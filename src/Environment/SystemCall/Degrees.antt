-- ===== src/Environment/SystemCall/Degrees.antt =====
-- What the program prints for each temperature that the file can hold.
use csel_workspace.Prelude.{
  ◌∙◌, ℕ, zero, suc, ◌+◌, ◌-◌, ◌/◌, ◌%◌, ◌≤◌, ◌<◌, ◌≡◌, refl, true, false, Option, none, some, List,
  [], ◌∷◌, ◌++◌, length, length-append, sym, if◌then◌else◌, ◌==◌, take, take_all, replicate, arith,
  ap,
}
use mathlib.Core.List.{append_assoc}
use csel_workspace.Prelude.Int.{ℤ, pos, negsuc, minus}
use csel_workspace.Prelude.Machine.{to_int, to_int_same, IsInt}
use csel_workspace.Prelude.Decimal.{print_nat, print_int, is_digit, atoi}
use csel_workspace.Prelude.Decimal.RoundTrip.{
  atoi-print_int, length-print_int, print_int_pos, print_nat-one, print_nat-two,
}
use csel_workspace.Prelude.Text.{codes}
use csel_workspace.Environment.SystemCall.{
  quot, rem, print_two, temperature, label, unit_text, line, main,
}

-- What the file of the thermal zone holds for `z`.
abbrev pub thermal_text : ℤ → List ℕ
thermal_text z = print_int z ++ (10 ∷ [])

print_two_digits : (n : ℕ) → n < 100 → print_two (pos n) ≡ (48 + n / 10) ∷ (48 + n % 10) ∷ []
unfolding print_two print_int
print_two_digits n h = ground (arith, print_nat-one n, print_nat-two n)

temperature-some :
    (text past : List ℕ)
    → 1 ≤ length text
    → temperature true (some text) past
      ≡ to_int (atoi (take 50 text ++ (replicate (50 - length text) 0 ++ past)))
unfolding temperature
temperature-some [] past h = absurd (omega arith)
temperature-some (b ∷ bs) past h = refl

temperature-thermal_text :
    (z : ℤ) (past : List ℕ) → IsInt z → temperature true (some (thermal_text z)) past ≡ z
unfolding is_digit
temperature-thermal_text z past (l, h) =
    let size : length (thermal_text z) ≤ 12 = omega (
      arith,
      l,
      h,
      length-append (print_int z) (10 ∷ []),
      length-print_int z (omega (arith, h)) (omega (arith, l)),
    ) in
    rw
      (
        temperature-some (thermal_text z) past
            (omega (arith, length-append (print_int z) (10 ∷ []))),
        take_all 50 (thermal_text z) (omega (arith, size)),
        append_assoc,
      )
      (ap to_int (atoi-print_int z (10 ∷ (replicate (50 - length (thermal_text z)) 0 ++ past)) refl)
        ∙ to_int_same z (l, h))

abbrev digit : ℕ → ℕ
digit n = 48 + n % 10

abbrev hundredths_below : ℕ → List ℕ
hundredths_below h = if h == 0 then b'0' ∷ b'0' ∷ [] else b'-' ∷ print_nat h

-- A temperature in thousandths of a degree, rounded towards 0 to hundredths. From 0 on there are
-- two digits behind the point; below 0 the hundredths have a sign of their own, where they are not 0,
-- and one digit where they are below ten.
abbrev pub degrees : ℤ → List ℕ
degrees (pos t) = print_nat (t / 1000) ++ (b'.' ∷ digit (t / 100) ∷ digit (t / 10) ∷ [])
degrees (negsuc n) =
    print_int (minus (suc n / 1000)) ++ (b'.' ∷ hundredths_below (suc n / 10 % 100))

rem-minus : (m : ℕ) → rem (minus m) 100 ≡ minus (m % 100)
unfolding rem
rem-minus zero = refl
rem-minus (suc m) = refl

print_two-minus : (h : ℕ) → h < 100 → print_two (minus h) ≡ hundredths_below h
unfolding print_two print_int
print_two-minus zero l = refl
print_two-minus (suc h) l = ground (arith, print_nat-one (suc h), print_nat-two (suc h))

line_parts :
    (z : ℤ) (whole part : List ℕ)
    → print_int (quot z 1000) ≡ whole
    → print_two (rem (quot z 10) 100) ≡ part
    → line z ≡ label ++ ((whole ++ (b'.' ∷ part)) ++ unit_text)
unfolding line
line_parts z whole part w p =
    ap (λ t. label ++ t) (rw (w, p) (sym (append_assoc whole (b'.' ∷ part) unit_text)))

line-degrees : (z : ℤ) → line z ≡ label ++ (degrees z ++ unit_text)
unfolding quot rem
line-degrees (pos t) =
    line_parts (pos t) (print_nat (t / 1000)) (digit (t / 100) ∷ digit (t / 10) ∷ [])
      (print_int_pos (t / 1000)) (rw (print_two_digits (t / 10 % 100) (omega arith)) (ground arith))
line-degrees (negsuc n) =
    line_parts (negsuc n) (print_int (minus (suc n / 1000))) (hundredths_below (suc n / 10 % 100))
      refl (rw (rem-minus (suc n / 10)) (print_two-minus (suc n / 10 % 100) (omega arith)))

without_file :
    (bytes : Option (List ℕ)) (past : List ℕ)
    → main false bytes past ≡ label ++ (codes "99.00" ++ unit_text)
unfolding main temperature print_nat
without_file none past = line-degrees (pos 99000)
without_file (some []) past = line-degrees (pos 99000)
without_file (some (b ∷ bs)) past = line-degrees (pos 99000)

-- Where the file holds an `int` in thousandths, the program prints it rounded towards 0, with two
-- digits behind the point, if it is not negative; below 0 the hundredths are printed with a sign of
-- their own behind the point, or as 00. Where the file cannot be opened, or nothing is read from it,
-- the program prints 99.00.
pub main_prints :
    (z : ℤ) (bytes : Option (List ℕ)) (past : List ℕ)
    → IsInt z
    → (main true (some (thermal_text z)) past ≡ label ++ (degrees z ++ unit_text))
      × (main false bytes past ≡ label ++ (codes "99.00" ++ unit_text))
      × (main true none past ≡ label ++ (codes "99.00" ++ unit_text))
      × (main true (some []) past ≡ label ++ (codes "99.00" ++ unit_text))
unfolding main temperature print_nat
main_prints z bytes past h = (
  rw (temperature-thermal_text z past h) (line-degrees z),
  without_file bytes past,
  line-degrees (pos 99000),
  line-degrees (pos 99000),
)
++++++++++
What you will do: Looking at the data above, count the lines that contain the string "ground" and give only the count.

Solution to this task: 3